Can we get some more details please? There has to be more to this story.
I waited 40 mins for a subway train @ rush hour with some of NYC cleanest! How much is that worth?
Ok- I don’t know all the details of this court case- but, I live in Telz-Stone, otherwise known as Kiryat Yearim and I can tell you a little about the bus service here. We are a 15 minute drive from Yerushalayim and a very quiet and pretty city, but the bus service here is the pits.

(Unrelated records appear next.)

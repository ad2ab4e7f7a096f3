-- ===== src/Data/Collect/Session.antt =====
-- src/threevn_data/threevn_data/collect.py, `main`: a session of episodes, and what it writes. The
-- arguments come parsed; the draws of the random generator, `% 1.0`, `round(_, 4)`, `json.dumps`
-- and
-- the time are arguments.
use Prim.Native.String.{◌++◌ as ◌<>◌}
use vn_robotics.Prelude.{
  ℕ, zero, suc, ◌+◌, ◌%◌, Bool, true, false, String, some, List, [], ◌∷◌, length,
}
use vn_robotics.Py.Errors.{Result, ok, raise, index_error, attribute_error, or_raise}
use vn_robotics.Py.Exec.{Exec, pure, lift, gets, ◌>>=◌}
use vn_robotics.Py.Json.{
  Number, Json, Items, Fields, bool, num, str, arr, obj, nil, cons, end, field,
}
use vn_robotics.Data.Dataset.{Frame, episodes}
use vn_robotics.Data.Manifest.{Problem, validate}
use vn_robotics.Data.Manifest.Build.{Checkout, git_description, build}
use vn_robotics.Data.Collect.{
  Picture, Info, Collector, Simulation, wait_ready, place_target_ahead, record_episode,
}

pub record Args : Type 0 where
  pub episode_count : ℕ
  pub frame_count : ℕ
  pub world : String
  pub repo : String
  pub seed : ℕ

-- What the session takes from the standard library and from the machine.
pub record Session (F : Type 0) : Type 0 where
  pub fraction : F → F
  pub round4 : F → F
  pub jitter : (seed index : ℕ) → F × F
  pub dumps : Json F → String
  pub created : String
  pub checkout : Checkout

pub record Outcome (F : Type 0) : Type 0 where
  pub code : ℕ
  pub problems : List (Problem F)

-- xs[i]
unfoldable pub element {ℓ} : {A : Type ℓ} → ℕ → List A → Result A
element i [] = raise index_error
element zero (x ∷ xs) = ok x
element (suc i) (x ∷ xs) = element i xs

module _ {F : Type 0} where
  unfoldable pub json_list : List F → Items F
  json_list [] = nil
  json_list (x ∷ xs) = cons (num x) (json_list xs)

module _ {F : Type 0} ⦃n : Number F⦄ where
  abbrev minus : ℕ → ℕ → F
  minus a k = n.sub (n.literal 0 0) (n.literal a k)

  -- moves
  abbrev pub moves : List (F × F)
  moves =
      (n.literal 5 2, n.literal 6 2)
      ∷ (minus 5 2, n.literal 6 2)
      ∷ (n.literal 4 2, minus 7 2)
      ∷ (minus 4 2, minus 7 2)
      ∷ (n.literal 6 2, n.literal 2 2)
      ∷ (minus 6 2, n.literal 2 2)
      ∷ (n.literal 3 2, n.literal 9 2)
      ∷ (minus 3 2, minus 9 2)
      ∷ []

  -- The dict of a row.
  abbrev pub row_json : Frame F → Json F
  row_json f = obj (
      field "image" (str f.image) (
        field "episode" (num (n.literal f.episode 0)) (
          field "index" (num (n.literal f.index 0))
            (field "label" (arr (json_list f.label)) (field "stamp" (num f.stamp) end)))))

  abbrev pub camera_dict : Info F → Picture → Fields F
  camera_dict info msg = field "fx" (num (info.k 0)) (
      field "fy" (num (info.k 4)) (
        field "cx" (num (info.k 2)) (
          field "cy" (num (info.k 5)) (
            field "width" (num (n.literal info.info_width 0)) (
              field "height" (num (n.literal info.info_height 0))
                (field "frame_id" (str msg.frame_id) end))))))

  abbrev pub label_source : Fields F
  label_source = field "source" (str "simulator") (
      field "quantity" (str "target position in the camera optical frame")
        (field "units" (str "metres") (field "target_repositioned_per_episode" (bool true) end)))

module _ {F : Type 0} ⦃n : Number F⦄ (session : Session F) where
  open session use {fraction, round4, jitter, dumps, created, checkout}

  abbrev pub offset_at : (seed index : ℕ) → F × F
  offset_at seed index =
      let forward =
        n.add (n.literal 28 2) (
          n.mul (n.literal 34 2)
            (fraction (n.mul (n.literal index 0) (n.literal 6180339887 10)))) in
      let lateral =
        n.add (minus 13 2) (
          n.mul (n.literal 26 2)
            (fraction (n.mul (n.literal index 0) (n.literal 3819660113 10)))) in
      let (a, b) = jitter seed index in (round4 (n.add forward a), round4 (n.add lateral b))

  unfoldable pub offsets_from : (seed index left : ℕ) → List (F × F)
  offsets_from seed index zero = []
  offsets_from seed index (suc left) = offset_at seed index ∷ offsets_from seed (suc index) left

  unfoldable pub target_offsets : (count seed : ℕ) → List (F × F)
  unfolding offsets_from
  target_offsets count seed = offsets_from seed 0 count

  -- The text of labels.jsonl.
  unfoldable pub labels_text : List (Frame F) → String
  labels_text [] = ""
  labels_text (f ∷ fs) = dumps (row_json f) <> ("\n" <> labels_text fs)

module _ {F : Type 0} ⦃n : Number F⦄ (session : Session F) (args : Args) where
  unfoldable pub manifest_of : (kept : ℕ) → List (Frame F) → Info F → Picture → Json F
  unfolding build
  manifest_of kept rows info msg =
      build session.created (git_description session.checkout args.repo) args.world "threevn_mm_v1"
        (camera_dict info msg) label_source (length (episodes rows)) kept
        (field "seed" (num (n.literal args.seed 0)) end)

module _ {F : Type 0} ⦃n : Number F⦄ (sim : Simulation F) (args : Args) where
  abbrev pub record_if : Bool → (episode kept : ℕ) → Exec (Collector F) ℕ
  record_if false episode kept = pure kept
  record_if true episode kept = lift (element (episode % 8) moves) >>= λ move.
      record_episode sim args.world episode move.0 move.1 args.frame_count >>= λ more.
      pure (kept + more)

  -- The loop over the episodes, from one on.
  unfoldable pub record_all :
      (offsets : List (F × F)) (episode left kept : ℕ) → Exec (Collector F) ℕ
  record_all offsets episode zero kept = pure kept
  record_all offsets episode (suc left) kept = lift (element episode offsets) >>= λ offset.
      place_target_ahead sim args.world offset.0 offset.1 >>= λ placed.
      record_if placed episode kept >>= λ kept'. record_all offsets (suc episode) left kept'

module _ {F : Type 0} ⦃n : Number F⦄ (sim : Simulation F) (session : Session F) (args : Args) where
  abbrev write_labels : Exec (Collector F) Unit
  write_labels s = (ok tt, record s { labels_file = some (labels_text session s.rows) })

  abbrev write_manifest : Json F → Exec (Collector F) Unit
  write_manifest doc s = (ok tt, record s { manifest_file = some doc })

  unfoldable pub write_up : (kept : ℕ) → Exec (Collector F) (Outcome F)
  unfolding manifest_of labels_text
  write_up kept = write_labels >>= λ _. gets (λ s. s) >>= λ s.
      lift (or_raise attribute_error s.camera_info) >>= λ info.
      lift (or_raise attribute_error s.picture) >>= λ msg.
      let doc = manifest_of session args kept s.rows info msg in
      write_manifest doc >>= λ _.
      lift (validate doc) >>= λ problems. pure (record { code = 0; problems = problems })

  abbrev pub main_if : Bool → Exec (Collector F) (Outcome F)
  main_if false = pure (record { code = 1; problems = [] })
  main_if true =
      record_all sim args (target_offsets session args.episode_count args.seed) 0 args.episode_count
        0
      >>= write_up

  unfoldable pub main : Exec (Collector F) (Outcome F)
  unfolding wait_ready record_all write_up target_offsets
  main = wait_ready sim args.world >>= main_if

We have one bus- the 185- that travels to Yerushalayim. It leaves here twice an hour during rush hour in the morning and twice an hour in the evening rush hour. The rest of the day there is one bus an hour. It NEVER comes when it supposed to come. You can wait there, at the bus stop forever, if the bus you’re waiting for decided to come a few minutes early. Then, after an hour, the next bus finally shows up and then, it’ll pass by, going to pick up passengers first in nearby Neve Ilan. The bus goes to Neve Ilan, a 15 minute detour, whenever it feels like it. There doesn’t seem to be any rhyme or reason to when it goes there. When it finally returns from this detour, it goes all around Telz-Stone again, and only then can you actually board the bus and get going.
So there are times when you can be sitting there, at the Knisat Ha’Ir of Telz-Stone, and feel like by the time the stupid bus shows up and maybe even allows you to board, you could be dead.
This is incredibly frustrating and if you’re trying to travel to your job or to school you could get into big trouble.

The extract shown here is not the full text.